Locações por temporada no condomínio residencial (Airbnb e outros): Medidas que a coletividade pode ou não adotar

Vivemos um momento no País em que a interpretação das leis tem ocorrido sob o calor do anseio popular. Esquecemos, por vezes, que o Brasil possui regras claras, assim como outros países, sobre locação, em especial aquela por temporada.

Qualquer adaptação restritiva à locação dos imóveis, como em apartamentos de condomínios edilícios, deve partir tão e somente da iniciativa legislativa do Congresso Nacional; nunca de uma deliberação de assembleia.

Senão vejamos:

1) A Constituição Federal, em seu Art. 5º, Caput, diz ser inviolável o direito à propriedade, o qual é garantido ainda pelo Inciso XXII, devendo a propriedade atender à sua função social. Já o Inciso II determina que “ninguém será obrigado a fazer ou deixar de fazer alguma coisa senão em virtude de lei”.

A Constituição estabelece ainda, no Art. 170, Inciso II, que a ordem econômica será fundada na livre iniciativa, observado o princípio da propriedade privada.

Doutrinariamente, sabemos que a propriedade representa a união do domínio mais a posse. E esta, conforme determina o Código Civil brasileiro, é exercida por aquele que usa e goza do imóvel (Art. 1.196 c/c 565), com base em deveres do proprietário perante o condomínio (quando da locação, por exemplo, preservar a salubridade, segurança, sossego e bons costumes /Art. 1336, Inciso IV); assegurando ao proprietário o direito de usar, fruir e dispor livremente de suas unidades (Art. 1335, Inciso I).

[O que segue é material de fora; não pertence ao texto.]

-- ===== src/TaskOverride/RoundTrip.antt =====
-- A message composed with an override is read back.
use claw.Prelude.{ℕ, ◌≡◌, refl, ◌≢◌, Bool, true, none, [], ◌∷◌, ◌++◌, arith, All}
use claw.Prelude.Text.{
  is_space, Text, codes, is_empty, trim_space, trim_left, trim_right-append, IsTrimmed,
  IsTrimmed-of_All, trim_space-IsTrimmed, cut_prefix-append,
}
use claw.TaskName.{is_name_char, validate_task_name}
use claw.TaskName.Grammar.{IsTaskName, IsTaskName-All, All-not-space, validate_task_name_iff}
use claw.TaskOverride.{override, parse_named, parse_task_override}
use claw.TaskOverride.Outcomes.{IsNameText, split_name-append, parse_remainder-lem}

All-IsNameText : (s : Text) → All (λ c. is_name_char c ≡ true) s → IsNameText s
All-IsNameText [] h = tt
All-IsNameText (c ∷ s) h = (ground (arith, h.0), All-IsNameText s h.1)

-- The message that asks for a task by name.
abbrev pub compose : Text → Text → Text
compose name prompt = codes "task:" ++ (name ++ 32 ∷ prompt)

append-cons-ne-nil : (s : Text) (c : ℕ) (t : Text) → s ++ c ∷ t ≢ []
append-cons-ne-nil [] c t e = cc
append-cons-ne-nil (d ∷ s) c t e = cc

compose-IsTrimmed :
    (name prompt : Text) → IsTrimmed prompt → prompt ≢ [] → IsTrimmed (compose name prompt)
unfolding codes trim_left
compose-IsTrimmed name prompt t n = record {
  starts = unfold is_space in refl;
  ends =
      trim_right-append (116 ∷ 97 ∷ 115 ∷ 107 ∷ 58 ∷ []) (name ++ 32 ∷ prompt)
        (trim_right-append name (32 ∷ prompt) (trim_right-append (32 ∷ []) prompt t.ends n)
          (λ e. cc))
        (append-cons-ne-nil name 32 prompt);
}

trim_space_behind : (prompt : Text) → IsTrimmed prompt → trim_space (32 ∷ prompt) ≡ prompt
unfolding trim_space trim_left is_space
trim_space_behind prompt t = rw (t.starts, t.ends)

parse_named-override :
    (name rest prompt : Text) (has_images : Bool)
    → validate_task_name name ≡ none
    → trim_space rest ≡ prompt
    → prompt ≢ []
    → parse_named (name, rest) has_images ≡ override name prompt
unfolding parse_named is_empty
parse_named-override name rest [] has_images valid t n = absurd (n refl)
parse_named-override name rest (c ∷ s) has_images valid t n = rw (valid, parse_named, t)

-- Composing a message from a name of the grammar and a trimmed prompt that is not empty, and
-- parsing it, gives the name and the prompt back.
pub parse-compose :
    (name prompt : Text) (has_images : Bool)
    → IsTaskName name
    → IsTrimmed prompt
    → prompt ≢ []
    → parse_task_override (compose name prompt) has_images ≡ override name prompt
unfolding parse_task_override
parse-compose name prompt has_images h t n =
    let named = IsTaskName-All h in
    let valid =
      (validate_task_name_iff name).1
        (rw (trim_space-IsTrimmed (IsTrimmed-of_All name (All-not-space name named))) h) in
    rw
      (
        parse_task_override,
        trim_space-IsTrimmed (compose-IsTrimmed name prompt t n),
        cut_prefix-append (codes "task:"),
        parse_remainder-lem,
        split_name-append name (32 ∷ prompt) (All-IsNameText name named) refl,
      )
      (parse_named-override name (32 ∷ prompt) prompt has_images valid (trim_space_behind prompt t)
        n)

2) Isto posto, observa-se, por sua vez, que a Lei de Locação permite ao locatário dispor temporariamente do imóvel a outro, tanto para o lazer quanto durante um curso rápido, tratamentos de saúde, hospedagem de pessoas impossibilidades de usar suas casas durante uma obra, entre tantos outros fatos que transcorrem tão e somente em um determinado período de tempo. Esse tipo de locação não pode ser contratado por prazo superior a noventa dias, esteja ou não mobiliado o imóvel (Art. 48 da Lei de Locação).

Com base nesse dispositivo, inexiste qualquer restrição prevista nesta legislação ao compartilhamento imobiliário feito através de aplicativos de internet, sequer nos limites em que o condomínio pode disciplinar em Convenção, previstos no Art. 1334 do Código Civil. Pois, ainda que as Assembleias sejam soberanas, é certo que as deliberações não podem ser ilegítimas ou ilegais.

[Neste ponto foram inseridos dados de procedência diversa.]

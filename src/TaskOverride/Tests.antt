-- ===== src/TaskOverride/Tests.antt =====
-- Messages with an override.
use claw.Prelude.{◌≡◌, ◌≢◌, refl, true, false, arith, ◌++◌}
use claw.Prelude.Text.{Text, codes, trim_space, IsTrimmed}
use claw.TaskName.Tests.{fix_bug-IsTaskName}
use claw.TaskOverride.{parse_task_override, override, reject, invalid_override}
use claw.TaskOverride.Outcomes.{Parses, parse_task_override-Parses}
use claw.TaskOverride.RoundTrip.{compose, parse-compose}

abbrev content : Text
content = codes "task:fix-bug\nrun the tests"

parsed : parse_task_override content false ≡ override (codes "fix-bug") (codes "run the tests")
unfolding parse_task_override claw.Prelude.Text.cut_prefix codes trim_space
    claw.Prelude.Text.is_empty claw.TaskName.validate_task_name claw.TaskOverride.split_name
parsed = refl

-- A no-break space does not end the name, and is trimmed off before the name is checked: the name
-- that is returned keeps it.
spaced :
    parse_task_override (codes "task:\u{a0}fix-bug go") false
    ≡ override (codes "\u{a0}fix-bug") (codes "go")
unfolding parse_task_override claw.Prelude.Text.cut_prefix codes trim_space
    claw.Prelude.Text.is_empty claw.TaskName.validate_task_name claw.TaskOverride.split_name
spaced = refl

parse_task_override-Parses_example :
    Parses (trim_space content) true (parse_task_override content true)
parse_task_override-Parses_example = parse_task_override-Parses content true

parse-compose_example :
    parse_task_override (compose (codes "fix-bug") (codes "go on")) false
    ≡ override (codes "fix-bug") (codes "go on")
unfolding codes claw.Prelude.Text.trim_left claw.Prelude.Text.trim_right
parse-compose_example =
    parse-compose (codes "fix-bug") (codes "go on") false fix_bug-IsTaskName
      (record { starts = refl; ends = refl }) (λ h. absurd (ground arith))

De outro lado, discordo da interpretação corrente de que o uso deste tipo de aplicativo poderia afrontar a segurança condominial (uma adaptação que deve ser feita pela coletividade para proteção natural da propriedade); ou mesmo desvirtuar a destinação do imóvel (que não deixa de ser residencial; tal argumento não pode ser confundido com o uso econômico da propriedade, também permitido por lei por meio de locação/compartilhamento da posse imobiliária).  

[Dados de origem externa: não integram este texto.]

-- ===== src/Workspace.antt =====
-- internal/app/task_workspace.go: what the manager of the worktrees is built with, how it calls git,
-- and the names of its paths. The locks make each operation one step.
pub mod Names
pub mod Repository
pub mod Worktrees
pub mod Rows
pub mod Quiet
pub mod Ready
pub mod Pruning
pub mod Retention
pub mod Tests
use claw.Prelude.{
  ℕ, ◌+◌, ◌≡◌, Bool, true, false, ◌&&◌, ◌||◌, Option, none, some, List, [], ◌∷◌, ◌++◌, map, ltb,
  leb, ◌==◌, if◌then◌else◌,
}
use claw.Prelude.Text.{Text, codes, is_empty, trim_space}
use claw.Errors.{Error, message, exit_code, wrap, noted, Result, ok, err, Action}
use claw.TaskBranch.{Unicode}
use claw.Types.{Time}
use claw.Services.{ThreadStore}

-- How a command ended, with what it wrote to its two outputs.
pub record Command : Type 0 where
  pub failure : Option Error
  pub stdout : Text
  pub stderr : Text

-- What the manager is built with; `W` is the state of the world behind these calls. `git` runs the
-- executable with its arguments; the paths are those of path/filepath.
pub record Manager (W : Type 0) : Type 0 where
  pub store : ThreadStore W
  pub source_repository : Text
  pub data_dir : Text
  pub closed_retention : ℕ
  pub git : List Text → W → Command × W
  pub mkdir_all : Text → Action W (Unit {0})
  pub stat : Text → Action W (Unit {0})
  pub remove_all : Text → Action W (Unit {0})
  pub clock : W → Time × W
  pub clean : Text → Text
  pub base : Text → Text
  pub dir : Text → Text
  pub join : Text → Text → Text
  pub source_hash : Text → Text
  pub equal_fold : Text → Text → Bool
  pub quote : Text → Text
  pub unicode : Unicode

abbrev pub default_closed_task_retention : ℕ
default_closed_task_retention = 15

-- strings.Join with a space
unfoldable pub join_words : List Text → Text
join_words [] = []
join_words (w ∷ []) = w
join_words (w ∷ v ∷ rest) = w ++ (b' ' ∷ join_words (v ∷ rest))

-- What a failed command wrote, to its error output or else to its output.
abbrev pub command_message : Command → Text
command_message c =
    if is_empty (trim_space c.stderr) then trim_space c.stdout else trim_space c.stderr

abbrev pub command_error : Text → Text → Error → Error
command_error context t e = if is_empty t then wrap context e else wrap context (noted e t)

abbrev pub git_result : Text → Command → Option Error → Result Text
git_result context c none = ok (trim_space c.stdout)
git_result context c (some e) = err (command_error context (command_message c) e)

abbrev pub ended_with : Text → Command → Result Text
ended_with context c = git_result context c c.failure

-- A letter, a digit or one of the marks that stay.
abbrev pub repository_char : ℕ → ℕ
repository_char r =
    if leb b'a' r && leb r b'z'
    then r
    else if leb b'A' r && leb r b'Z'
    then r + 32
    else if leb b'0' r && leb r b'9'
    then r
    else if r == b'-' || r == b'_' || r == b'.'
    then r
    else b'-'

abbrev pub is_edge : ℕ → Bool
is_edge c = c == b'-' || c == b'.'

-- strings.Trim(s, "-.")
unfoldable pub trim_left_edges : Text → Text
trim_left_edges [] = []
trim_left_edges (c ∷ s) = if is_edge c then trim_left_edges s else c ∷ s

unfoldable pub cons_unedged : ℕ → Text → Text
cons_unedged c [] = if is_edge c then [] else c ∷ []
cons_unedged c (d ∷ s) = c ∷ d ∷ s

unfoldable pub trim_right_edges : Text → Text
unfolding cons_unedged
trim_right_edges [] = []
trim_right_edges (c ∷ s) = cons_unedged c (trim_right_edges s)

unfoldable pub sanitize_task_repository_name : Text → Text
unfolding trim_left_edges trim_right_edges
sanitize_task_repository_name name =
    if is_empty (trim_space name)
    then []
    else trim_right_edges (trim_left_edges (map repository_char (trim_space name)))

module _ {W : Type 0} (m : Manager W) where
  unfoldable pub run_git_in : Text → List Text → Action W Text
  run_git_in repository_path args w =
      let (c, w1) = m.git (codes "-C" ∷ repository_path ∷ args) w in
      (ended_with (codes "run git " ++ join_words args) c, w1)

  abbrev or_source : Text → Text
  or_source name = if is_empty name then codes "source-repository" else name

  unfoldable pub managed_repository_path : Text
  unfolding sanitize_task_repository_name
  managed_repository_path =
      let name = or_source (sanitize_task_repository_name (m.base (m.clean m.source_repository))) in
      m.join (m.join m.data_dir (codes "repos"))
        (name ++ (b'-' ∷ (m.source_hash (m.clean m.source_repository) ++ codes ".git")))

  unfoldable pub worktree_path : Text → Text
  worktree_path task_id = m.join (m.join m.data_dir (codes "worktrees")) task_id

  -- A command that tells by an exit code that there is none.
  abbrev pub found_unless : ℕ → Text → Result Text × W → Result Bool × W
  found_unless n context (ok out, w) = (ok true, w)
  found_unless n context (err e, w) =
      if (elim (exit_code e) [ some k ↦ k == n | none ↦ false ])
      then (ok false, w)
      else (err (wrap context e), w)

  unfoldable pub branch_exists : Text → Text → Action W Bool
  unfolding run_git_in
  branch_exists repository_path branch_name w = found_unless 1 (codes "check branch existence") (
      run_git_in repository_path
        (codes "show-ref"
          ∷ codes "--verify"
          ∷ codes "--quiet"
          ∷ (codes "refs/heads/" ++ branch_name)
          ∷ [])
        w)

  unfoldable pub remote_exists_in : Text → Text → Action W Bool
  unfolding run_git_in
  remote_exists_in repository_path remote_name w =
      found_unless 2 (codes "check remote existence")
        (run_git_in repository_path (codes "remote" ∷ codes "get-url" ∷ remote_name ∷ []) w)

  unfoldable pub ref_exists : Text → Text → Action W Bool
  unfolding run_git_in
  ref_exists repository_path ref w = found_unless 1 (codes "check ref existence " ++ m.quote ref) (
      run_git_in repository_path
        (codes "rev-parse" ∷ codes "--verify" ∷ codes "--quiet" ∷ (ref ++ codes "^{commit}") ∷ [])
        w)

  abbrev pub value_or_empty : Text → Result Text × W → Result Text × W
  value_or_empty key (ok value, w) = (ok (trim_space value), w)
  value_or_empty key (err e, w) =
      if (elim (exit_code e) [ some k ↦ k == 1 | none ↦ false ])
      then (ok [], w)
      else (err (wrap (codes "load git config " ++ key) e), w)

  unfoldable pub optional_git_config_value : Text → Text → Action W Text
  unfolding run_git_in
  optional_git_config_value repository_path key w =
      value_or_empty key (run_git_in repository_path (codes "config" ∷ codes "--get" ∷ key ∷ []) w)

Um condomínio é uma sociedade intramuros, seu gestor deve avaliar sempre os interesses de sua coletividade com transparência e ética, sem perder de perspectiva o dinamismo que vivemos, em termos de conceitos, posicionamentos e hábitos. Assim, o gestor deve observar os anseios de seu grupo e agir para que eles se adaptem às mudanças, que são inevitáveis.

Como então preservar o patrimônio de todos???

APPs (aplicativos), mídias sociais, softwares, entre outros, podem até causar um desconforto inicial à coletividade, porém, se não proibidos por lei, o condomínio deve integrá-los à realidade. Não há como restringir a utilização do imóvel (área privativa), sequer por deliberação de Assembleia, como nos casos de locação temporária realizadas através de aplicativos.

Mas essa coletividade pode adotar medidas que garantam a paz local, inicialmente, responsabilizando o proprietário por danos em áreas comuns que venham a ocorrer durante esse tipo de uso. Em seguida, pode-se exigir a comunicação prévia de um novo ocupante para acesso à portaria e, por fim, dispor de um cadastro atualizado de condôminos e moradores, especialmente de locatários que subloquem as unidades fora das regras definidas em lei.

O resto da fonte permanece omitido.